BEGIN DATASET RECORDS

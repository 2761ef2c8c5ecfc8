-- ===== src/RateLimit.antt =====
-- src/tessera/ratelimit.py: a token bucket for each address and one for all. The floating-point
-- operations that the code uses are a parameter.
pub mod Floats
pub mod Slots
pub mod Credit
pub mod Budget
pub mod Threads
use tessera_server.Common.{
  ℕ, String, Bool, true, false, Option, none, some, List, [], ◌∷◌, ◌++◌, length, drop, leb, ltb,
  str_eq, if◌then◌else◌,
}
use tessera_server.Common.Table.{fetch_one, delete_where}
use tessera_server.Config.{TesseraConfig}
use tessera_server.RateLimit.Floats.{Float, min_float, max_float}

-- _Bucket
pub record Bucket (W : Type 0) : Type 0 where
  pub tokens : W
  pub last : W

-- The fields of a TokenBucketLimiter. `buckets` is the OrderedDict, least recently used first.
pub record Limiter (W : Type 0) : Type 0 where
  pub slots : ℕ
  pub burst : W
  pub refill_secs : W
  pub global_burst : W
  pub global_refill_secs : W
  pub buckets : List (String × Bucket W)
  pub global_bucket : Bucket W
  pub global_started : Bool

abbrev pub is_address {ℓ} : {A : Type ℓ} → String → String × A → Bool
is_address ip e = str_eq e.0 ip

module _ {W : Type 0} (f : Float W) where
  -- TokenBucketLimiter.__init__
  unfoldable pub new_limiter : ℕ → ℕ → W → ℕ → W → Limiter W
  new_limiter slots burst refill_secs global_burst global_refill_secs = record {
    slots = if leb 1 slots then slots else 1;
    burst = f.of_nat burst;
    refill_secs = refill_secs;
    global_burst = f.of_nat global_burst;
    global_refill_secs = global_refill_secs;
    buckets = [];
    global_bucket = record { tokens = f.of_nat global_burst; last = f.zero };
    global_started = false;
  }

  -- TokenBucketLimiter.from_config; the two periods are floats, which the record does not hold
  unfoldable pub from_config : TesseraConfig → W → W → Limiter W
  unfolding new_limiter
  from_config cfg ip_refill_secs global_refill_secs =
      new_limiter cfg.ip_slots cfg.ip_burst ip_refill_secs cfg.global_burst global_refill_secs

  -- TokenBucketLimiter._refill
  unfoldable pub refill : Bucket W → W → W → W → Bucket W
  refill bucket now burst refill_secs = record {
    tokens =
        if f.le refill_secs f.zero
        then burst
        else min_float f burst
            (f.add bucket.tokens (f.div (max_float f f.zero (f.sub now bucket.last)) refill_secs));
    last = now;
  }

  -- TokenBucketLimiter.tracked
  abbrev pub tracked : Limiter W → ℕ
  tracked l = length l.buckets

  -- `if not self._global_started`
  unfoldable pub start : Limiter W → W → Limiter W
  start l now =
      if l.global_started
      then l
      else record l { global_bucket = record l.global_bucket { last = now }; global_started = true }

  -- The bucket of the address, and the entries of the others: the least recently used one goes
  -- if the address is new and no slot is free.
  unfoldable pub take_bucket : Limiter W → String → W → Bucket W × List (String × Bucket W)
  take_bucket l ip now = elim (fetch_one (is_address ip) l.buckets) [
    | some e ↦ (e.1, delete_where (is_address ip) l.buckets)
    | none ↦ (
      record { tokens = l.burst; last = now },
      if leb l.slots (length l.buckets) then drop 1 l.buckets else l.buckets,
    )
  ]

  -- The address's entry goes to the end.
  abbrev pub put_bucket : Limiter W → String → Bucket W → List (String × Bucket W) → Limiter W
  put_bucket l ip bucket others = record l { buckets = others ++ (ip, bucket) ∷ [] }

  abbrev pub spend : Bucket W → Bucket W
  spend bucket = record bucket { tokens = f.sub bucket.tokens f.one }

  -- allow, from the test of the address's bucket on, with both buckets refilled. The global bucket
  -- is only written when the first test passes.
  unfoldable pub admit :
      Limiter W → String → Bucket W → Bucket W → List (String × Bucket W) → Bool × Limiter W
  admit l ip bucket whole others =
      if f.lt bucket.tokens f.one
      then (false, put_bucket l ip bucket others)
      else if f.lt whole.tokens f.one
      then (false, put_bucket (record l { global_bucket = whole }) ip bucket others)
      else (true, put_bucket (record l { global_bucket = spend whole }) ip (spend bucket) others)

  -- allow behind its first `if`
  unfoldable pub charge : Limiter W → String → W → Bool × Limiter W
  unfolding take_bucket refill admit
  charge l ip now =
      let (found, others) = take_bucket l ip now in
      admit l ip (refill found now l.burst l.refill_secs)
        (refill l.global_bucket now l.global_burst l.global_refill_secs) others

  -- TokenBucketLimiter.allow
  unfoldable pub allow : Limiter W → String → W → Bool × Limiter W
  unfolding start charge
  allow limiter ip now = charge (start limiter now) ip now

END DATASET RECORDS

**REQUIREMENT:** Only the lines containing "unfolding" are needed; copy each of them from the data.

**RESPONSE TO THE EXERCISE:**
  unfolding new_limiter
  unfolding take_bucket refill admit
  unfolding start charge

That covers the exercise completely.